Tuesday, September 02, 2008

"Arctic becomes an island as ice melts"


From telegraph.co.uk:
The North Pole has become an island for the first time in human history as climate change has made it possible to circumnavigate the Arctic ice cap.

The historic development was revealed by satellite images taken last week showing that both the north-west and north-east passages have been opened by melting ice.

Prof Mark Serreze, a sea ice specialist at the National Snow and Ice Data Centre (NSIDC) in the US said the images suggested the Arctic may have entered a "death spiral" caused by global warming.

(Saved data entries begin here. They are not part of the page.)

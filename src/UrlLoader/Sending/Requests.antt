-- ===== src/UrlLoader/Sending/Requests.antt =====
-- What a POST request of src/ppb_url_loader.c consists of.
use freshplayerplugin.Base.{
  ℕ, ◌^◌, ◌<◌, ◌≡◌, refl, ap, Bool, true, false, Option, none, some, List, [], ◌∷◌, ◌++◌, ◌==◌,
  Bytes, codes, length, Option-cases, inl, inr,
}
use freshplayerplugin.UrlRequest.{PostItem, post_method}
use freshplayerplugin.UrlRequest.PostData.{FileInfo, post_data_get_all_item_length}
use freshplayerplugin.UrlRequest.PostData.Writing.{Readable, body_bytes}
use freshplayerplugin.UrlRequest.PostData.Writing.Lengths.{write_items-length}
use freshplayerplugin.UrlLoader.Sending.{
  Sent, post_url, post_url_notify, OpenParam, newline, print_size, header_lines, add_length,
  end_headers, post_buffer, url_loader_open_ptac,
}

-- The lines of the headers, the line that announces the length of the body, and the body.
abbrev pub request_text : OpenParam → Bytes → Bytes
request_text p body =
    ((header_lines p).0 ++ (codes "Content-Length: " ++ (print_size (length body) ++ newline)))
    ++ newline
    ++ body

add_length-line :
    (n : ℕ) (buf : Bytes × Bool)
    → (n == 0) ≡ false
    → end_headers (add_length n buf)
      ≡ (buf.0 ++ (codes "Content-Length: " ++ (print_size n ++ newline))) ++ newline
unfolding add_length end_headers
add_length-line n buf e = rw e refl

-- The call for a POST request.
abbrev pub post_call : OpenParam → Bytes → Sent
post_call p text = elim p.target [
  | none ↦ post_url_notify p.url text p.loader
  | some target ↦ post_url p.url (some target) text
]

module _ (query : ℕ → Option FileInfo) (same_time : ℕ → ℕ → Bool) (open_file : ℕ → Option Readable)
    (rounds : ℕ) where
  post_buffer-request :
      (p : OpenParam) (items : List PostItem) (body : Bytes)
      → p.post_data ≡ some items
      → body_bytes query same_time open_file items ≡ some body
      → (length body == 0) ≡ false
      → length body < rounds
      → length body < 2 ^ 64
      → post_buffer query same_time open_file rounds p ≡ some (some (request_text p body))
  unfolding post_buffer
  post_buffer-request p items body has read n fuel small =
      let text : Bytes = end_headers (add_length (length body) (header_lines p)) in
      let (written, known) =
        write_items-length query same_time open_file items rounds text body read fuel small in
      rw (has, known, written)
        (ap (λ x. some (some (x ++ body))) (add_length-line (length body) (header_lines p) n))

  -- A POST request of a living instance, with a body whose files can be opened, have not changed,
  -- and are as long as their slices, is sent to the browser as the lines of its headers, a line with
  -- the length of the body, an empty line and the body, whose bytes are just as many as that line
  -- says; and what the browser answers is what the caller gets. The body is not empty and below
  -- 2^64 bytes, and the loop over a file has more rounds than there are bytes.
  pub url_loader_open_ptac-post :
      (browser : Sent → ℕ) (p : OpenParam) (items : List PostItem) (body : Bytes)
      → p.method ≡ post_method
      → p.post_data ≡ some items
      → body_bytes query same_time open_file items ≡ some body
      → (length body == 0) ≡ false
      → length body < rounds
      → length body < 2 ^ 64
      → let sent : Sent = post_call p (request_text p body) in
        url_loader_open_ptac query same_time open_file rounds browser true p
        ≡ some (some (browser sent), sent ∷ [])
  unfolding url_loader_open_ptac
  url_loader_open_ptac-post browser p items body is_post has read n fuel small =
      let made = post_buffer-request p items body has read n fuel small in
      elim (Option-cases p.target) [
        | inl e ↦ rw (is_post, made, e) refl
        | inr (target, e) ↦ rw (is_post, made, e) refl
      ]

  pub url_loader_open_ptac-unset :
      (browser : Sent → ℕ) (p : OpenParam) (items : List PostItem)
      → p.method ≡ post_method
      → p.post_data ≡ some items
      → post_data_get_all_item_length query same_time items ≡ none
      → url_loader_open_ptac query same_time open_file rounds browser true p ≡ some (none, [])
  unfolding url_loader_open_ptac post_buffer
  url_loader_open_ptac-unset browser p items is_post has error = rw (is_post, has, error) refl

Shipping companies are already planning to exploit the first simultaneous opening of the routes since the beginning of the last Ice Age 125,000 years ago. The Beluga Group in Germany says it will send the first ship through the north-east passage, around Russia, next year, cutting 4,000 miles off the voyage from Germany to Japan.

Meanwhile, Stephen Harper, Canada's Prime Minister, has announced that ships entering the north-west passage should first report to his government. The routes have previously opened at different times, with the western route opening last year, and the eastern route opening in 2005.

The satellite images gathered by Nasa show that the north-west passage opened last weekend and the final blockage on the east side of the ice cap, an area of sea ice stretching to Siberia, dissolved a few days later.

Last year the extent of sea ice in the Arctic reached a record low that could be surpassed in the next few weeks, with some scientists warning that the ice cap could soon vanish altogether during summer.

Four weeks ago tourists had to be evacuated from a park on Baffin Island because of flooding caused by melting glaciers, and polar bears have been spotted off Alaska trying to swim hundreds of miles to the retreating ice cap...

"The rate of change is clearly faster than nearly all the models predict, which has huge implications for climate change and how to tackle it."